(Saved data entries)

-- ===== src/Elf/Segments.antt =====
-- The program headers of src/elfwriter.cpp as a loader reads them.
use bigassm.Prelude.{
  ℕ, suc, ◌+◌, ◌*◌, ◌%◌, ◌^◌, ◌≤◌, ◌<◌, ◌≡◌, refl, ap, sym, ◌∙◌, Bool, true, false, ◌||◌, ◌&&◌, not,
  List, [], ◌∷◌, ◌++◌, Bytes, length, length-append, take, drop, Map, if◌then◌else◌, arith,
}
use native.Mathlib.Nat.{mod-eq_of_lt}
use bigassm.Section
use bigassm.Section.{Section}
use bigassm.Elf.Format.{
  ElfClass, elf64, elf128, Shdr, Phdr, width, ehdr_members, phdr_members, ehdr_bytes, shdr_bytes,
  phdr_bytes, sizeof_ehdr, sizeof_shdr, sizeof_phdr,
}
use bigassm.Elf.Fields.{
  take-append, drop-append, append_assoc, values, read_fields-fields, length-shdr_bytes,
  length-phdr_bytes,
}
use bigassm.Elf.Reader.{
  phdr_sizes, read_fields, segment_from, read_header, Segment, read_segment, read_segments,
}
use bigassm.Elf.Parts.{outputs, programs_at}
use bigassm.Elf.Layout.{output_size}
use bigassm.Elf.Writer.{
  sizeof_elf_data, file_header, p_flags, program_header, shdr_array, phdr_array,
}

-- What a section may be used for, and the flags of that by the ELF format: PF_R, PF_W and PF_X.
abbrev pub readable : Section → Bool
readable s = (s.has_data || s.resv) && not (s.code && s.execonly)

abbrev pub permissions : (read write execute : Bool) → ℕ
permissions read write execute =
    4 * (if read then 1 else 0) + 2 * (if write then 1 else 0) + (if execute then 1 else 0)

abbrev pub permissions_of : Section → ℕ
permissions_of s = permissions (readable s) (readable s && not s.readonly) s.code

p_flags-permissions : (s : Section) → p_flags s ≡ permissions_of s
unfolding p_flags
p_flags-permissions s = ground arith

permissions-small : (r w x : Bool) → permissions r w x < 256 ^ 4
permissions-small r w x = ground arith

-- Numbers below the capacity fit into the wide members.
pub small_wide : (c : ElfClass) (n : ℕ) → n ≤ 262144 → n % 256 ^ width c ≡ n
unfolding width
small_wide elf64 n h = mod-eq_of_lt (omega arith)
small_wide elf128 n h = mod-eq_of_lt (omega arith)

module _ (c : ElfClass) where
  -- What a section is in memory.
  abbrev pub segment_of : Section → Segment
  segment_of s = record {
    type = if s.code || s.has_data then 1 else 0;
    flags = permissions_of s;
    vaddr = s.base_address % 256 ^ width c;
    memsz = length s.output;
    contents = if s.code || s.has_data then s.output else [];
  }

  abbrev pub segments_of : Map Section → List Segment
  segments_of [] = []
  segments_of ((name, s) ∷ rest) = segment_of s ∷ segments_of rest

  contents_loaded :
      (loadable : Bool) (off : ℕ) (before output after file : Bytes)
      → length before ≡ off
      → file ≡ before ++ (output ++ after)
      → off + length output ≤ 262144
      → take
          ((if loadable then length output else 0) % 256 ^ width c)
          (drop (off % 256 ^ width c) file)
        ≡ (if loadable then output else [])
  contents_loaded true off before output after file l e h =
      rw
        (
          e,
          small_wide c off (omega arith),
          small_wide c (length output) (omega arith),
          drop-append off before (output ++ after) l,
        )
        (take-append (length output) output after refl)
  contents_loaded false off before output after file l e h = rw (small_wide c 0 (omega arith)) refl

  loadable-small : (b : Bool) → (if b then 1 else 0) % 256 ^ 4 ≡ (if b then 1 else 0)
  loadable-small b = ground arith

  read_fields-phdr :
      (p : Phdr) (rest : Bytes)
      → read_fields (phdr_sizes c) (phdr_bytes c p ++ rest) ≡ values (phdr_members c p)
  unfolding phdr_bytes
  read_fields-phdr p rest = read_fields-fields (phdr_members c p) rest

  read_segment-program :
      (s : Section) (off : ℕ) (before after file rest : Bytes)
      → length before ≡ off
      → file ≡ before ++ (s.output ++ after)
      → off + length s.output ≤ 262144
      → read_segment c file (phdr_bytes c (program_header s off) ++ rest) ≡ segment_of s
  unfolding read_segment segment_from program_header Section.size
  read_segment-program s off before after file rest l e h =
      ap (segment_from file) (read_fields-phdr (program_header s off) rest)
      ∙ rw
          (
            loadable-small (s.code || s.has_data),
            p_flags-permissions s,
            mod-eq_of_lt (permissions-small (readable s) (readable s && not s.readonly) s.code),
            small_wide c (length s.output) (omega arith),
            contents_loaded (s.code || s.has_data) off before s.output after file l e h,
          )
          refl

  pub read_segments-programs :
      (sections : Map Section) (off : ℕ) (before file rest : Bytes)
      → length before ≡ off
      → file ≡ before ++ outputs sections
      → off + output_size sections ≤ 262144
      → read_segments c file
          (sizeof_phdr c)
          (length sections)
          (phdr_array c (programs_at off sections) ++ rest)
        ≡ segments_of sections
  unfolding read_segments phdr_array
  read_segments-programs [] off before file rest l e h = refl
  read_segments-programs ((name, s) ∷ sections) off before file rest l e h =
      let p = program_header s off in
      let more = phdr_array c (programs_at (off + length s.output) sections) in
      ap (read_segments c file (sizeof_phdr c) (suc (length sections)))
        (append_assoc (phdr_bytes c p) more rest)
      ∙ rw
          (
            read_segment-program s off before (outputs sections) file (more ++ rest) l e
                (omega arith),
            drop-append (sizeof_phdr c) (phdr_bytes c p) (more ++ rest) (length-phdr_bytes c p),
            read_segments-programs sections (off + length s.output) (before ++ s.output) file rest
                (omega (arith, length-append before s.output))
                (e ∙ sym (append_assoc before s.output (outputs sections))) (omega arith),
          )
          refl

  pub length-shdr_array : (hs : List Shdr) → length (shdr_array c hs) ≡ length hs * sizeof_shdr c
  unfolding shdr_array
  length-shdr_array [] = omega arith
  length-shdr_array (h ∷ hs) = omega (
    arith,
    length-append (shdr_bytes c h) (shdr_array c hs),
    length-shdr_bytes c h,
    length-shdr_array hs,
  )

  pub length-programs :
      (off : ℕ) (sections : Map Section)
      → length (phdr_array c (programs_at off sections)) ≡ sizeof_phdr c * length sections
  unfolding phdr_array
  length-programs off [] = omega arith
  length-programs off ((name, s) ∷ sections) = omega (
    arith,
    length-append (phdr_bytes c (program_header s off))
        (phdr_array c (programs_at (off + length s.output) sections)),
    length-phdr_bytes c (program_header s off),
    length-programs (off + length s.output) sections,
  )

  pub read_header-whole :
      (entry phnum : ℕ) (rest : Bytes)
      → read_header c (ehdr_bytes c (file_header c entry phnum) ++ rest)
        ≡ values (ehdr_members c (file_header c entry phnum))
  unfolding read_header ehdr_bytes file_header
  read_header-whole entry phnum rest =
      read_fields-fields (ehdr_members c (file_header c entry phnum)) rest

  -- The constants of the header fit into its members.
  pub sizeof_elf_data-small : sizeof_elf_data c ≤ 608
  unfolding sizeof_elf_data sizeof_ehdr sizeof_shdr width
  sizeof_elf_data-small = elim c as (λ c. sizeof_elf_data c ≤ 608) [
    | elf64 ↦ omega arith
    | elf128 ↦ omega arith
  ]

  pub phentsize-small : sizeof_phdr c % 256 ^ 2 ≡ sizeof_phdr c
  unfolding sizeof_phdr width
  phentsize-small = elim c as (λ c. sizeof_phdr c % 256 ^ 2 ≡ sizeof_phdr c) [
    | elf64 ↦ omega arith
    | elf128 ↦ omega arith
  ]

  pub phnum-small : (n : ℕ) → sizeof_phdr c * n ≤ 262144 → n % 256 ^ 2 ≡ n
  unfolding sizeof_phdr width
  phnum-small n = elim c as (λ c. sizeof_phdr c * n ≤ 262144 → n % 256 ^ 2 ≡ n) [
    | elf64 ↦ λ h. omega arith
    | elf128 ↦ λ h. omega arith
  ]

## PROBLEM REQUIREMENTS
From the entries, report each line that includes the word "outputs".

## RESULT OF THE TASK
use bigassm.Elf.Parts.{outputs, programs_at}
      → file ≡ before ++ outputs sections
            read_segment-program s off before (outputs sections) file (more ++ rest) l e
                (e ∙ sym (append_assoc before s.output (outputs sections))) (omega arith),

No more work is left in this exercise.